## HOW TO COMPLETE THIS TASK
Render every entry verbatim.

## RECORDS SHOWN
*****

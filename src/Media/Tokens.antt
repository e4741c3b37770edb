-- ===== src/Media/Tokens.antt =====
-- `Signer` of backend/internal/media/access.go. The MAC and base64 are parameters, and a clock is in
-- nanoseconds.
pub mod RoundTrip
use ketapod_website.Base.{
  ℕ, zero, suc, ◌+◌, ◌*◌, ◌/◌, ◌%◌, ◌^◌, Bool, true, false, Option, none, some, List, [], ◌∷◌, ◌++◌,
  ltb, ◌==◌, if◌then◌else◌,
}
use ketapod_website.Base.Int.{ℤ, pos, negsuc, leb_ℤ, ltb_ℤ, ◌*ℤ◌}
use ketapod_website.Base.Text.{Bytes, bytes_eq, cut}
use ketapod_website.Media.{parse_int}

pub record StreamToken : Type 0 where
  pub asset_id : Bytes
  pub expires_at : ℤ
  pub max_seconds : ℤ

-- The key is in `mac`, whose result is base64 text.
pub record Signer : Type 0 where
  pub mac : Bytes → Bytes
  pub encode : Bytes → Bytes
  pub decode : Bytes → Option Bytes
  pub ttl : ℕ

abbrev pub second : ℕ
second = 10 ^ 9

-- The time to live that `NewSigner` keeps.
unfoldable pub default_ttl : ℤ → ℤ
default_ttl ttl = if leb_ℤ ttl (pos 0) then pos (900 * second) else ttl

abbrev pub emit : ℕ → ℕ → Bytes → Bytes
emit zero n out = out
emit (suc f) n out =
    let rest = emit f (n / 10) ((48 + n % 10) ∷ out) in if ltb n 10 then (48 + n) ∷ out else rest

-- %d
unfoldable pub print : ℕ → Bytes
print n = emit (suc n) n []

unfoldable pub print_ℤ : ℤ → Bytes
unfolding print
print_ℤ (pos n) = print n
print_ℤ (negsuc n) = b'-' ∷ print (suc n)

abbrev pub push_byte : ℕ → List Bytes → List Bytes
push_byte c [] = (c ∷ []) ∷ []
push_byte c (p ∷ ps) = (c ∷ p) ∷ ps

-- strings.Split at one byte.
unfoldable pub split : ℕ → Bytes → List Bytes
split b [] = [] ∷ []
split b (c ∷ cs) = let rest = split b cs in if c == b then [] ∷ rest else push_byte c rest

module _ (signer : Signer) (clock : ℕ) where
  unfoldable pub payload : Bytes → ℤ → Bytes
  payload asset max =
      asset ++ (b'|' ∷ (print ((clock + signer.ttl) / second) ++ (b'|' ∷ print_ℤ max)))

  -- `Sign`
  unfoldable pub sign : Bytes → ℤ → Bytes
  sign asset max =
      let encoded = signer.encode (payload asset max) in encoded ++ (b'.' ∷ signer.mac encoded)

  abbrev pub read_max : Bytes → ℤ → Option ℤ → Option StreamToken
  read_max asset exp none = none
  read_max asset exp (some max) =
      some (record { asset_id = asset; expires_at = exp; max_seconds = max })

  abbrev pub read_expiry : Bytes → Option ℤ → Bytes → Option StreamToken
  read_expiry asset none rest = none
  read_expiry asset (some exp) rest =
      if ltb_ℤ (exp *ℤ pos second) (pos clock) then none else read_max asset exp (parse_int rest)

  abbrev pub read_parts : List Bytes → Option StreamToken
  read_parts (a ∷ e ∷ m ∷ []) = read_expiry a (parse_int e) m
  read_parts _ = none

  abbrev pub read_decoded : Option Bytes → Option StreamToken
  read_decoded none = none
  read_decoded (some raw) = read_parts (split b'|' raw)

  abbrev pub read_cut : Option (Bytes × Bytes) → Option StreamToken
  read_cut none = none
  read_cut (some (encoded, signature)) =
      if bytes_eq signature (signer.mac encoded) then read_decoded (signer.decode encoded) else none

  -- `Verify`; `none` is ErrInvalidStreamToken.
  unfoldable pub verify : Bytes → Option StreamToken
  unfolding split
  verify token = read_cut (cut b'.' token)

*****

## RESPONSE
filename src/Media/Tokens.antt
repository e4741c3b37770edb
-- ===== src/Media/Tokens.antt =====
-- `Signer` of backend/internal/media/access.go. The MAC and base64 are parameters, and a clock is in
-- nanoseconds.
pub mod RoundTrip
use ketapod_website.Base.{
  ℕ, zero, suc, ◌+◌, ◌*◌, ◌/◌, ◌%◌, ◌^◌, Bool, true, false, Option, none, some, List, [], ◌∷◌, ◌++◌,
  ltb, ◌==◌, if◌then◌else◌,
}
use ketapod_website.Base.Int.{ℤ, pos, negsuc, leb_ℤ, ltb_ℤ, ◌*ℤ◌}
use ketapod_website.Base.Text.{Bytes, bytes_eq, cut}
use ketapod_website.Media.{parse_int}

pub record StreamToken : Type 0 where
  pub asset_id : Bytes
  pub expires_at : ℤ
  pub max_seconds : ℤ

-- The key is in `mac`, whose result is base64 text.
pub record Signer : Type 0 where
  pub mac : Bytes → Bytes
  pub encode : Bytes → Bytes
  pub decode : Bytes → Option Bytes
  pub ttl : ℕ

abbrev pub second : ℕ
second = 10 ^ 9

-- The time to live that `NewSigner` keeps.
unfoldable pub default_ttl : ℤ → ℤ
default_ttl ttl = if leb_ℤ ttl (pos 0) then pos (900 * second) else ttl

abbrev pub emit : ℕ → ℕ → Bytes → Bytes
emit zero n out = out
emit (suc f) n out =
    let rest = emit f (n / 10) ((48 + n % 10) ∷ out) in if ltb n 10 then (48 + n) ∷ out else rest

-- %d
unfoldable pub print : ℕ → Bytes
print n = emit (suc n) n []

unfoldable pub print_ℤ : ℤ → Bytes
unfolding print
print_ℤ (pos n) = print n
print_ℤ (negsuc n) = b'-' ∷ print (suc n)

abbrev pub push_byte : ℕ → List Bytes → List Bytes
push_byte c [] = (c ∷ []) ∷ []
push_byte c (p ∷ ps) = (c ∷ p) ∷ ps

-- strings.Split at one byte.
unfoldable pub split : ℕ → Bytes → List Bytes
split b [] = [] ∷ []
split b (c ∷ cs) = let rest = split b cs in if c == b then [] ∷ rest else push_byte c rest

module _ (signer : Signer) (clock : ℕ) where
  unfoldable pub payload : Bytes → ℤ → Bytes
  payload asset max =
      asset ++ (b'|' ∷ (print ((clock + signer.ttl) / second) ++ (b'|' ∷ print_ℤ max)))

  -- `Sign`
  unfoldable pub sign : Bytes → ℤ → Bytes
  sign asset max =
      let encoded = signer.encode (payload asset max) in encoded ++ (b'.' ∷ signer.mac encoded)

  abbrev pub read_max : Bytes → ℤ → Option ℤ → Option StreamToken
  read_max asset exp none = none
  read_max asset exp (some max) =
      some (record { asset_id = asset; expires_at = exp; max_seconds = max })

  abbrev pub read_expiry : Bytes → Option ℤ → Bytes → Option StreamToken
  read_expiry asset none rest = none
  read_expiry asset (some exp) rest =
      if ltb_ℤ (exp *ℤ pos second) (pos clock) then none else read_max asset exp (parse_int rest)

  abbrev pub read_parts : List Bytes → Option StreamToken
  read_parts (a ∷ e ∷ m ∷ []) = read_expiry a (parse_int e) m
  read_parts _ = none

  abbrev pub read_decoded : Option Bytes → Option StreamToken
  read_decoded none = none
  read_decoded (some raw) = read_parts (split b'|' raw)

  abbrev pub read_cut : Option (Bytes × Bytes) → Option StreamToken
  read_cut none = none
  read_cut (some (encoded, signature)) =
      if bytes_eq signature (signer.mac encoded) then read_decoded (signer.decode encoded) else none

  -- `Verify`; `none` is ErrInvalidStreamToken.
  unfoldable pub verify : Bytes → Option StreamToken
  unfolding split
  verify token = read_cut (cut b'.' token)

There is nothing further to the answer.